This is fixed since 0.10.12 from June 2023.



github #362: Warn about MP3 in main menu (unsupported but common format)

This is fixed since 0.10.15 from August 2023 (earlier this week).

You can now copy MP3 files into music/ and Lix will play them.

The fix was: I don't exclude .mp3 anymore in my music handling. MP3 files play well on Windows with contemporary Allegro, e.g., Allegro 5.2.8.0, if I don't hardcode such an exclusion in Lix. Effectively, I did no hard work at all and the Heinzelmännchen fixed the bug for me.

Curiously, MP3 worked before 0.10.12, but for the sound/music volume previewing fix (#375, see above in this post), I rewrote some music code and added that exclusion of .mp3. Eventually, Flopsy popped into IRC and asked why MP3 didn't work in 0.10.14, as he remembered MP3 to work before.
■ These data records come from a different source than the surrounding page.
-- ===== src/Alloc.antt =====
-- The allocator of ufsX/ufs/ffs/ffs_alloc.c: `ffs_hashalloc`, which tries the cylinder groups.
-- `allocator` stands for the routine that it is given, on a state of any type; a result of 0 is a
-- failure. The lock is left out.
pub mod Hashalloc
pub mod Mapsearch
pub mod Group
use ufson_mac_os.Base.{ℕ, zero, suc, ◌+◌, ◌-◌, ◌*◌, ◌%◌, Bool, true, false, not, Option, none, some}
use ufson_mac_os.Base.{ltb, leb, ◌==◌, if◌then◌else◌}

module _ {S : Type 0} (allocator : S → ℕ → ℕ → ℕ × S) (ncg : ℕ) where
  abbrev pub is_success : ℕ × S → Bool
  is_success r = not (r.0 == 0)

  -- `cg += i; if (cg >= fs_ncg) cg -= fs_ncg;`
  abbrev pub further : ℕ → ℕ → ℕ
  further cg i = if leb ncg (cg + i) then cg + i - ncg else cg + i

  -- The quadratic rehash; `none` when the rounds have run out. The result is that of the last
  -- attempt, or of `last` if there was none.
  unfoldable pub rehash : ℕ → ℕ → ℕ → ℕ × S → Option (ℕ × S)
  rehash zero i cg last = none
  rehash (suc rounds) i cg last =
      let next = further cg i in
      let result = allocator last.1 next 0 in
      let rest = rehash rounds (i * 2) next result in
      if ltb i ncg then if is_success result then some result else rest else some last

  -- `cg++; if (cg == fs_ncg) cg = 0;`
  abbrev pub next_group : ℕ → ℕ
  next_group cg = if cg + 1 == ncg then 0 else cg + 1

  -- The brute force search, with the rounds that are left.
  pub brute_force : ℕ → ℕ → ℕ × S → ℕ × S
  brute_force zero cg last = (0, last.1)
  brute_force (suc left) cg last =
      let result = allocator last.1 cg 0 in
      let rest = brute_force left (next_group cg) result in
      if is_success result then result else rest

  unfoldable pub hashalloc : S → ℕ → ℕ → Option (ℕ × S)
  hashalloc s icg pref =
      let first = allocator s icg pref in
      if is_success first then some first else elim (rehash ncg 1 icg first) [
        | none ↦ none
        | some result ↦
            if is_success result
            then some result
            else some (brute_force (ncg - 2) ((icg + 2) % ncg) result)
      ]
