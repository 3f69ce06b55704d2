-- ===== src/Super.antt =====
-- The superblock: `struct fs` and the macros of ufsX/ufs/ffs/fs.h, and `ffs_calc_sbhash` of
-- ufsX/ufs/ffs/ffs_subr.c. A record holds the fields that the code of this library uses. Fields
-- that the code reads as signed numbers are taken to be not negative; a field without a use is left
-- out. The pointer `fs_si` is an option.
pub mod Read
pub mod Write
use ufson_mac_os.Base.{ℕ, ◌+◌, ◌-◌, ◌*◌, ◌/◌, ◌%◌, List, Option, none, bit_and, ◌==◌, if◌then◌else◌}
use ufson_mac_os.Base.{◌<<<◌, ◌>>>◌}

-- `errno` values; `other` is any that a device returns beside these.
pub data Errno : Type 0 where
  eio enoent enospc einval estale eintegrity edoofus : Errno
  other : ℕ → Errno

-- `struct fs_summary_info`. A null `si_csp` is `none`.
pub record Summary : Type 0 where
  pub csp : Option (List ℕ)
  pub maxcluster : List ℕ
  pub contigdirs : List ℕ

pub record Fs : Type 0 where
  pub sblkno : ℕ
  pub cblkno : ℕ
  pub iblkno : ℕ
  pub old_cgoffset : ℕ
  pub old_cgmask : ℕ
  pub ncg : ℕ
  pub bsize : ℕ
  pub fsize : ℕ
  pub frag : ℕ
  pub fragshift : ℕ
  pub fshift : ℕ
  pub fsbtodb : ℕ
  pub sbsize : ℕ
  pub inopb : ℕ
  pub cssize : ℕ
  pub cgsize : ℕ
  pub ipg : ℕ
  pub fpg : ℕ
  pub fmod : ℕ
  pub clean : ℕ
  pub si : Option Summary
  pub sblockactualloc : ℕ
  pub sblockloc : ℕ
  pub time : ℕ
  pub csaddr : ℕ
  pub ckhash : ℕ
  pub metackhash : ℕ
  pub flags : ℕ
  pub contigsumsize : ℕ
  pub magic : ℕ

abbrev pub fs_ufs1_magic : ℕ
fs_ufs1_magic = 0x011954

abbrev pub fs_ufs2_magic : ℕ
fs_ufs2_magic = 0x19540119

abbrev pub fs_bad_magic : ℕ
fs_bad_magic = 0x19960408

abbrev pub fs_needsfsck : ℕ
fs_needsfsck = 0x00000004

abbrev pub fs_metackhash : ℕ
fs_metackhash = 0x00000200

abbrev pub fs_supported : ℕ
fs_supported = 0x00ffffff

abbrev pub ck_superblock : ℕ
ck_superblock = 0x0001

abbrev pub ck_cylgrp : ℕ
ck_cylgrp = 0x0002

abbrev pub ck_supported : ℕ
ck_supported = 0x0007

-- `sizeof(struct fs)`, which fs.h asserts.
abbrev pub sizeof_fs : ℕ
sizeof_fs = 1376

abbrev pub sblocksize : ℕ
sblocksize = 8192

abbrev pub minbsize : ℕ
minbsize = 4096

-- `howmany` and `roundup`
abbrev pub howmany : ℕ → ℕ → ℕ
howmany x y = (x + (y - 1)) / y

abbrev pub roundup : ℕ → ℕ → ℕ
roundup x y = (x + (y - 1)) / y * y

-- The macros of fs.h. An address that they compute is taken to fit its type.
unfoldable pub fsbtodb : Fs → ℕ → ℕ
fsbtodb fs b = b <<< fs.fsbtodb

unfoldable pub cgbase : Fs → ℕ → ℕ
cgbase fs c = fs.fpg * c

unfoldable pub cgstart : Fs → ℕ → ℕ
unfolding cgbase
cgstart fs c =
    if fs.magic == fs_ufs2_magic
    then cgbase fs c
    else cgbase fs c + fs.old_cgoffset * bit_and c (0xffffffff - fs.old_cgmask)

unfoldable pub cgsblock : Fs → ℕ → ℕ
cgsblock fs c = cgstart fs c + fs.sblkno

unfoldable pub cgtod : Fs → ℕ → ℕ
cgtod fs c = cgstart fs c + fs.cblkno

unfoldable pub cgimin : Fs → ℕ → ℕ
cgimin fs c = cgstart fs c + fs.iblkno

-- The check-hash; `crc` is `calculate_crc32c(~0L, …)` over the record, as a function of it.
unfoldable pub calc_sbhash : (Fs → ℕ) → Fs → ℕ
calc_sbhash crc fs =
    if bit_and fs.metackhash ck_superblock == 0 then fs.ckhash else crc (record fs { ckhash = 0 })
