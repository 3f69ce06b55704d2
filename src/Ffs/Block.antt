-- ===== src/Ffs/Block.antt =====
-- The free-block map routines of ufsX/ufs/ffs/ffs_subr.c: `ffs_isblock`, `ffs_isfreeblock`,
-- `ffs_clrblock` and `ffs_setblock`. A map is the list of its bytes, a block number is not
-- negative, and `frag` is `fs_frag`. The `panic` of an unknown `fs_frag` is compiled out in user
-- space, where the code falls through to its default.
pub mod Bytes
pub mod Fragments
pub mod Update
pub mod Whole
use ufson_mac_os.Base.{ℕ, ◌-◌, Bool, false, List, bit_and, bit_or, ◌==◌, if◌then◌else◌}
use ufson_mac_os.Base.{get_or, set, u8, ◌<<<◌, ◌>>>◌}

-- A read past the end, which the callers rule out, gives 0 here.
abbrev pub byte : List ℕ → ℕ → ℕ
byte cp i = get_or cp i 0

-- The bits of block `h` within its byte, one mask for each case of the switch.
abbrev pub mask4 : ℕ → ℕ
mask4 h = 0x0f <<< (bit_and h 1 <<< 2)

abbrev pub mask2 : ℕ → ℕ
mask2 h = 0x03 <<< (bit_and h 3 <<< 1)

abbrev pub mask1 : ℕ → ℕ
mask1 h = 0x01 <<< bit_and h 7

unfoldable pub isblock : ℕ → List ℕ → ℕ → Bool
isblock frag cp h =
    if frag == 8
    then byte cp h == 0xff
    else if frag == 4
    then bit_and (byte cp (h >>> 1)) (u8 (mask4 h)) == u8 (mask4 h)
    else if frag == 2
    then bit_and (byte cp (h >>> 2)) (u8 (mask2 h)) == u8 (mask2 h)
    else if frag == 1
    then bit_and (byte cp (h >>> 3)) (u8 (mask1 h)) == u8 (mask1 h)
    else false

pub isfreeblock : ℕ → List ℕ → ℕ → Bool
isfreeblock frag cp h =
    if frag == 8
    then byte cp h == 0
    else if frag == 4
    then bit_and (byte cp (h >>> 1)) (mask4 h) == 0
    else if frag == 2
    then bit_and (byte cp (h >>> 2)) (mask2 h) == 0
    else if frag == 1
    then bit_and (byte cp (h >>> 3)) (mask1 h) == 0
    else false

-- `cp[p] &= ~m`, stored back into an `unsigned char`.
abbrev pub and_not : List ℕ → ℕ → ℕ → List ℕ
and_not cp p m = set cp p (bit_and (byte cp p) (0xff - m))

-- `cp[p] |= m`
abbrev pub or_in : List ℕ → ℕ → ℕ → List ℕ
or_in cp p m = set cp p (u8 (bit_or (byte cp p) m))

pub clrblock : ℕ → List ℕ → ℕ → List ℕ
clrblock frag cp h =
    if frag == 8
    then set cp h 0
    else if frag == 4
    then and_not cp (h >>> 1) (mask4 h)
    else if frag == 2
    then and_not cp (h >>> 2) (mask2 h)
    else if frag == 1
    then and_not cp (h >>> 3) (mask1 h)
    else cp

pub setblock : ℕ → List ℕ → ℕ → List ℕ
setblock frag cp h =
    if frag == 8
    then set cp h 0xff
    else if frag == 4
    then or_in cp (h >>> 1) (mask4 h)
    else if frag == 2
    then or_in cp (h >>> 2) (mask2 h)
    else if frag == 1
    then or_in cp (h >>> 3) (mask1 h)
    else cp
Allegro needs MiniMP3 on Linux or Mac, which is not provided in, e.g, the Arch Linux Allegro 5 package. Thus, on Linux or Mac, you don't necessarily have MP3 support from the get-go. That's not a bug in Lix. But we should still remember this because people will consider it a bug in Lix; we should then point people to the missig dependencies.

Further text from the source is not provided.